Content based visual retrieval, which is also known by query by image content (QBIC) and content based visual information retrieval (CBVIR) is a simple application of computer vision to the problem of search of visual content in large databases. The application, as defined, has to deal with two main challenges: the intention gap and the semantic gap. The intention gap can be defined as the difficulty to express the expected visual content that the user faces when using the query at hand, while the semantic gap refers to the difficulty of expressing rather complicated semantic concepts with rudimentary visual feature.
Three main issues must addressed when developing a CBIR algorithm:
- Image representation
- Image organization
- And similarity measurement between images
Image representation will mainly depend on the platform used by the developer of the algorithm. It has however to satisfy the condition of being both descriptive and discriminative as it is expected to be as the algorithm will be only as efficient as its ability to distinguish similar and dissimilar images.

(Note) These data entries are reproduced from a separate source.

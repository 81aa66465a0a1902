-- ===== src/Media/Sources/Exclusive.antt =====
-- Runs of registrations, of the destructors' `unregist` and of sources that lose their last owner,
-- in any order.
use streaming.Prelude.{
  ℕ, ◌≡◌, refl, sym, ap, ◌∙◌, Bool, true, false, ◌&&◌, none, some, [], inl, inr, if◌then◌else◌,
  ◌==◌, ==_iff, Bool-cases,
}
use streaming.Prelude.Outcome.{ok}
use streaming.Media.Info.{Info}
use streaming.Media.Sources.{Sources, value_or, lock, goes, regist, unregist, set_weak_source}
use streaming.Media.Sources.Slots.{slot, same_path, slot-set_weak_source, slot-erase_media_source}
use streaming.Media.Sources.Registry.{
  Registered, again, anew, regist-Registered, same_path_refl, same_path-slot, weak_source-slot,
}
use streaming.Rtmp.Chunk.{update}

some-injective : {A : Type 0} {a b : A} → some a ≡ some b → a ≡ b
some-injective h = cc

module _ (info : ℕ → Info) where
  -- A source is registered with its own path, and keeps it.
  pub data Step : Sources → Sources → Type 0 where
    regists : {st st' : Sources} (i : ℕ) → regist i (info i) st ≡ ok st' → Step st st'
    unregists : {st : Sources} (i : ℕ) → Step st (unregist i (info i) st)
    loses_owner : {st : Sources} (i : ℕ) → Step st (record st { alive = update st.alive i false })

  -- Runs from a registry in which nothing is registered.
  pub data Reachable (alive : ℕ → Bool) : Sources → Type 0 where
    start : Reachable alive (record {
      media_sources = [];
      alive = alive;
      is_registered = λ i. false;
      owned = λ i. false;
    })
    step : {st st' : Sources} → Reachable alive st → Step st st' → Reachable alive st'

  -- A registered source that has an owner is the one that is stored for its path.
  abbrev IsStored : Sources → Type 0
  IsStored st =
      (i : ℕ)
      → st.alive i ≡ true
      → st.is_registered i ≡ true
      → slot (info i) st.media_sources ≡ some (some i)

  Registered-IsStored :
      (j : ℕ) (st st' : Sources) → IsStored st → Registered j (info j) st st' → IsStored st'
  unfolding lock
  Registered-IsStored j st st' stored (again w e locked) i living flag = stored i living flag
  Registered-IsStored j st st' stored (anew free) i living flag = elim (Bool-cases (i == j)) [
    | inl e ↦ own ((==_iff i j).0 e)
    | inr e ↦
        slot-set_weak_source (info j) (info i) (some j) st.media_sources
        ∙ other (ap (λ b. if b then true else st.is_registered i) (sym e) ∙ flag)
  ]
    where
      own :
          i ≡ j → slot (info i) (set_weak_source (info j) (some j) st.media_sources) ≡ some (some i)
      own e = rw e (
          slot-set_weak_source (info j) (info j) (some j) st.media_sources
          ∙ rw (same_path_refl (info j)) refl)

      other :
          st.is_registered i ≡ true
          → (if same_path (info j) (info i) then some (some j) else slot (info i) st.media_sources)
            ≡ some (some i)
      other old = elim (Bool-cases (same_path (info j) (info i))) [
        | inl same ↦ absurd (taken same old)
        | inr apart ↦ rw apart (stored i living old)
      ]
        where
          taken : same_path (info j) (info i) ≡ true → st.is_registered i ≡ true → ⊥
          taken same registered =
              let there =
                same_path-slot (info j) (info i) st.media_sources same
                ∙ stored i living registered in
              let locked : lock st.alive (some i) ≡ none =
                ap (λ o. lock st.alive (value_or none o)) (sym there)
                ∙ ap (lock st.alive) (sym (weak_source-slot (info j) st.media_sources))
                ∙ free in
              let clash : some i ≡ none =
                ap (λ b. if b then some i else none) (sym living) ∙ locked in
              absurd (cc)

  unregist-IsStored : (j : ℕ) (st : Sources) → IsStored st → IsStored (unregist j (info j) st)
  unfolding unregist goes lock
  unregist-IsStored j st stored i living flag =
      slot-erase_media_source st.alive j (info j) (info i) st.media_sources
      ∙ elim (Bool-cases (i == j)) [
        | inl e ↦ absurd (left (ap (λ b. if b then false else st.is_registered i) (sym e) ∙ flag))
        | inr e ↦ stays e (ap (λ b. if b then false else st.is_registered i) (sym e) ∙ flag)
      ]
    where
      left : false ≡ true → ⊥
      left h = cc

      stays :
          (i == j) ≡ false
          → st.is_registered i ≡ true
          → (if same_path (info j) (info i) && goes st.alive j (slot (info i) st.media_sources)
              then none
              else slot (info i) st.media_sources)
            ≡ some (some i)
      stays e old =
          rw (stored i living old, living, e)
            (elim (Bool-cases (same_path (info j) (info i))) [
              | inl same ↦ rw same refl
              | inr apart ↦ rw apart refl
            ])

  loses_owner-IsStored :
      (j : ℕ) (st : Sources)
      → IsStored st
      → IsStored (record st { alive = update st.alive j false })
  loses_owner-IsStored j st stored i living flag = elim (Bool-cases (i == j)) [
    | inl e ↦ absurd (dead (ap (λ b. if b then false else st.alive i) (sym e) ∙ living))
    | inr e ↦ stored i (ap (λ b. if b then false else st.alive i) (sym e) ∙ living) flag
  ]
    where
      dead : false ≡ true → ⊥
      dead h = cc

  Step-IsStored : (st st' : Sources) → IsStored st → Step st st' → IsStored st'
  Step-IsStored st st' stored (regists i done) =
      Registered-IsStored i st st' stored (regist-Registered i (info i) st st' done)
  Step-IsStored st st' stored (unregists i) = unregist-IsStored i st stored
  Step-IsStored st st' stored (loses_owner i) = loses_owner-IsStored i st stored

  Reachable-IsStored : {alive : ℕ → Bool} {st : Sources} → Reachable alive st → IsStored st
  Reachable-IsStored start = λ i living flag. absurd (never flag)
    where
      never : false ≡ true → ⊥
      never h = cc
  Reachable-IsStored (step {st} {st'} run s) = Step-IsStored st st' (Reachable-IsStored run) s

  -- From a registry in which nothing is registered, and in whatever order sources are registered,
  -- each with a path of its own that it keeps, unregistered and given up, two registered sources
  -- that have an owner never share a path: a path has at most one broadcaster.
  pub Reachable-exclusive :
      {alive : ℕ → Bool} {st : Sources} (i j : ℕ)
      → Reachable alive st
      → st.alive i ≡ true
      → st.alive j ≡ true
      → st.is_registered i ≡ true
      → st.is_registered j ≡ true
      → same_path (info i) (info j) ≡ true
      → i ≡ j
  Reachable-exclusive {st = st} i j run living living' flag flag' same = some-injective (
      some-injective (
        sym (Reachable-IsStored run i living flag)
        ∙ same_path-slot (info i) (info j) st.media_sources same
        ∙ Reachable-IsStored run j living' flag'))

The large visual database presents organization as a nontrivial but rather laborious task to address. Fortunately, CBIR has information retrieval successful approaches to look up to as several CBIR algorithms rely on the commonly used inverted file structure to index large scale visual database allowing scalable retrieval. On the other hand, hashing based techniques can also present an alternative approach for indexing.
Similarity measurement between images is also critical in developing a solid code. It should reflect the relevance in semantics which is highly contradicted by the semantic gap previously discussed. And though highly relying on both image representation and organization, image similarity measurement is based on the visual matching results with the aid of weighing schemes[3].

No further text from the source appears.